Volume 58

A Multi-Objective Approach to Optimizing Sunspaces in Rural Dwellings for Energy Demand, Thermal Comfort, and Daylighting in Cold Regions of China Yuechen Duan, Yuanyuan Wei, Tao Zhang, Weijun Gao

https://doi.org/10.46855/energy-proceedings-11874

Abstract

Rural dwellings in cold regions face the dual challenge of reducing energy consumption while maintaining thermal comfort and daylight. Although sunspaces are effective passive solar strategies, their optimization remains underexplored due to complex variable interactions and conflicting performance goals. This study proposes a multi-objective optimization framework to evaluate and enhance sunspace design in cold-climate rural buildings. Four comparative scenarios are established to decouple sunspace effects from baseline building performance: (1) unoptimized building, (2) optimized building, (3) unoptimized building with sunspace, and (4) optimized building with sunspace.

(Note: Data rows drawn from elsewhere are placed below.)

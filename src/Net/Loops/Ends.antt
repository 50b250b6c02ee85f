-- ===== src/Net/Loops/Ends.antt =====
-- How many steps the goroutines of a connection make, and that the session hears of the end once.
use golang_tools.Base.{
  length, List, ◌++◌, ◌≤◌, subst, ℕ, suc, ◌+◌, ◌*◌, ◌<◌, ◌≡◌, refl, ap, subst, arith, Option, none,
  some,
}
use golang_tools.Net.{ClientMsg}
use golang_tools.Net.Loops.Messages.{messages}
use golang_tools.Net.Loops.Pending.{replies, replies_to, Missing, pending}
use golang_tools.Net.Loops.Order.{Reach-Kept}
use golang_tools.Net.Loops.{
  Link, up, closed, reset, closing, IsDown, break_off, cut, Codec, Reader, reading, handing,
  failing, leaving, ended, Deliverer, waiting, asking, sending, Outgoing, Conn, Step, read, fail,
  hang_up, tell, hand, refuse, garble, answer, pass, write, lose, own, push, Reach, begin, later,
}

abbrev pub reader_work : Reader → ℕ
reader_work reading = 3
reader_work (handing m) = 7
reader_work failing = 2
reader_work leaving = 1
reader_work ended = 0

abbrev pub deliverer_work : {Frame : Type 0} → Deliverer Frame → ℕ
deliverer_work waiting = 0
deliverer_work (asking m) = 3
deliverer_work (sending f) = 2

abbrev pub writer_work : {Frame : Type 0} → Option (Outgoing Frame) → ℕ
writer_work none = 0
writer_work (some o) = 1

module _ {In Frame S : Type 0} (codec : Codec In Frame)
    (call_back : S → ClientMsg → S × Option ClientMsg) where
  -- A bound on the steps that are left.
  abbrev pub work : Conn In Frame S → ℕ
  work c =
      6 * codec.size c.incoming
      + (reader_work c.reader + (deliverer_work c.deliverer + writer_work c.writer))

  Step-work : (c d : Conn In Frame S) → Step codec call_back c d → work d < work c
  Step-work c d (read m rest at_read got) =
      omega (arith, codec.size_next c.incoming rest m got, ap reader_work at_read)
  Step-work c d (fail at_read over) = omega (arith, ap reader_work at_read)
  Step-work c d (break_off at_read gone) = omega (arith, ap reader_work at_read)
  Step-work c d (hang_up at_fail) = omega (arith, ap reader_work at_fail)
  Step-work c d (tell at_leave) = omega (arith, ap reader_work at_leave)
  Step-work c d (hand m at_hand idle) =
      omega (arith, ap reader_work at_hand, ap deliverer_work idle)
  Step-work c d (refuse m at_ask no_answer) = omega (arith, ap deliverer_work at_ask)
  Step-work c d (garble m r at_ask res bad) = omega (arith, ap deliverer_work at_ask)
  Step-work c d (answer m r f at_ask res good) = omega (arith, ap deliverer_work at_ask)
  Step-work c d (pass f at_send free) =
      omega (arith, ap deliverer_work at_send, ap writer_work free)
  Step-work c d (write o at_write still_open) = omega (arith, ap writer_work at_write)
  Step-work c d (lose o at_write shut) = omega (arith, ap writer_work at_write)

  -- ReadRecvMsg has ended, and the other two wait at their channels.
  abbrev pub IsAtRest : Conn In Frame S → Type 0
  IsAtRest c = (c.reader ≡ ended) × ((c.deliverer ≡ waiting) × (c.writer ≡ none))

  -- So many steps of the goroutines, one after the other.
  pub data Steps : ℕ → Conn In Frame S → Conn In Frame S → Type 0 where
    stay : {c : Conn In Frame S} → Steps 0 c c
    more :
        {n : ℕ} {c d e : Conn In Frame S}
        → Steps n c d
        → Step codec call_back d e
        → Steps (suc n) c e

  -- There is no endless run: over all that comes in on a connection, and if nothing else is sent, the
  -- goroutines make at most as many steps as the bound says, six for each unit of the size of what comes in
  -- and at most eleven for where they stand. Whether they come so far, or wait for the other side, is left open.
  pub Steps-bound : (n : ℕ) (c d : Conn In Frame S) → Steps n c d → n + work d ≤ work c
  Steps-bound n c d stay = omega arith
  Steps-bound (suc n) c d (more {d = b} st last) =
      omega (arith, Steps-bound n c b st, Step-work b d last)

  abbrev IsNotClosed : Link → Type 0
  IsNotClosed up = Unit {0}
  IsNotClosed closed = ⊥
  IsNotClosed reset = Unit {0}

  -- Before Close the connection is not closed and DisConnectCallBack was not called; between the two the
  -- connection is down and it was not called; after it the connection is down and it was called once.
  abbrev pub Informed : Reader → Link → ℕ → Type 0
  Informed reading l n = IsNotClosed l × (n ≡ 0)
  Informed (handing m) l n = IsNotClosed l × (n ≡ 0)
  Informed failing l n = IsNotClosed l × (n ≡ 0)
  Informed leaving l n = IsDown l × (n ≡ 0)
  Informed ended l n = IsDown l × (n ≡ 1)

  Informed-at : (r r' : Reader) (l : Link) (n : ℕ) → r ≡ r' → Informed r l n → Informed r' l n
  Informed-at r r' l n e h = subst (λ x. Informed x l n) e h

  IsDown-closing : (l : Link) → IsDown (closing l)
  IsDown-closing up = tt
  IsDown-closing closed = tt
  IsDown-closing reset = tt

  Informed-reset : (r : Reader) (l : Link) (n : ℕ) → l ≡ up → Informed r l n → Informed r reset n
  Informed-reset reading l n e (h, none_yet) = (tt, none_yet)
  Informed-reset (handing m) l n e (h, none_yet) = (tt, none_yet)
  Informed-reset failing l n e (h, none_yet) = (tt, none_yet)
  Informed-reset leaving l n e (h, none_yet) = (tt, none_yet)
  Informed-reset ended l n e (h, one) = (tt, one)

  Step-Informed :
      (c d : Conn In Frame S)
      → Step codec call_back c d
      → Informed c.reader c.link c.disconnects
      → Informed d.reader d.link d.disconnects
  Step-Informed c d (read m rest at_read got) h =
      Informed-at c.reader reading c.link c.disconnects at_read h
  Step-Informed c d (fail at_read over) h =
      Informed-at c.reader reading c.link c.disconnects at_read h
  Step-Informed c d (break_off at_read gone) h =
      Informed-at c.reader reading c.link c.disconnects at_read h
  Step-Informed c d (hang_up at_fail) h =
      (IsDown-closing c.link, (Informed-at c.reader failing c.link c.disconnects at_fail h).1)
  Step-Informed c d (tell at_leave) h =
      let (down, none_yet) = Informed-at c.reader leaving c.link c.disconnects at_leave h in
      (down, ap suc none_yet)
  Step-Informed c d (hand m at_hand idle) h =
      Informed-at c.reader (handing m) c.link c.disconnects at_hand h
  Step-Informed c d (refuse m at_ask no_answer) h = h
  Step-Informed c d (garble m r at_ask res bad) h = h
  Step-Informed c d (answer m r f at_ask res good) h = h
  Step-Informed c d (pass f at_send free) h = h
  Step-Informed c d (write o at_write still_open) h = h
  Step-Informed c d (lose o at_write shut) h = h

  -- In every reachable state: ReadRecvMsg closes the connection before it calls DisConnectCallBack, and calls it
  -- once. Up to Close the connection is not closed and the session has heard nothing; between the two the
  -- connection is down; behind the loop the session has heard of the end once.
  pub Reach-Informed :
      (i : In) (s : S) (c : Conn In Frame S)
      → Reach codec call_back i s c
      → Informed c.reader c.link c.disconnects
  Reach-Informed i s c begin = (tt, refl)
  Reach-Informed i s d (later {c} r (own st)) = Step-Informed c d st (Reach-Informed i s c r)
  Reach-Informed i s d (later {c} r (push m f good free)) = Reach-Informed i s c r
  Reach-Informed i s d (later {c} r (cut was_up)) =
      Informed-reset c.reader c.link c.disconnects was_up (Reach-Informed i s c r)

  -- What is missing at rest, unless the connection was reset.
  lost_few :
      (l : Link) (r : Reader) (n : ℕ) (rest ps : List Frame)
      → r ≡ ended
      → Informed r l n
      → ¬ (l ≡ reset)
      → Missing codec call_back l rest ps
      → length rest ≤ 2
  lost_few up r n rest ps e told kept h = absurd (Informed-at r ended up n e told).0
  lost_few closed r n rest ps e told kept h = h
  lost_few reset r n rest ps e told kept h = absurd (kept refl)

  -- In every state at rest that can be reached, unless the other side has reset the connection: all
  -- answers but for at most the last two were sent, in their order.
  pub Reach-lost_few :
      (i : In) (s : S) (c : Conn In Frame S)
      → Reach codec call_back i s c
      → IsAtRest c
      → ¬ (c.link ≡ reset)
      → (lost : List Frame) × (replies c.sent ++ lost
          ≡ replies_to codec call_back s (messages codec i))
        × (length lost ≤ 2)
  Reach-lost_few i s c r (at_end, at_rest) kept =
      let (lost, e, h) = Reach-Kept codec call_back i s c r in
      (
        lost,
        e,
        lost_few c.link c.reader c.disconnects lost (pending codec call_back c) at_end
            (Reach-Informed i s c r) kept h,
      )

Optimization integrates a genetic algorithm with EnergyPlus and Radiance simulations, targeting total energy demand (EDtot), thermal comfort (PNTave), and daylighting (UDIave). Sensitivity analysis highlights key variables such as window-to-wall ratio and solar heat gain coefficient (SHGC). A two-stage assessment compares cost-free and cost-constrained scenarios. Results show that combining an optimized envelope with a sunspace achieves the best outcome, reducing EDtot by 89.82% and raising PNTave to 77.66%. Optimizing the envelope alone reduces EDtot by 62.41% with a 1.91-year payback, while a cost-constrained sunspace alone provides limited improvement (14.85% EDtot reduction). This structured approach isolates the impact of sunspaces and offers practical guidance for cost-effective retrofits of rural housing in cold regions.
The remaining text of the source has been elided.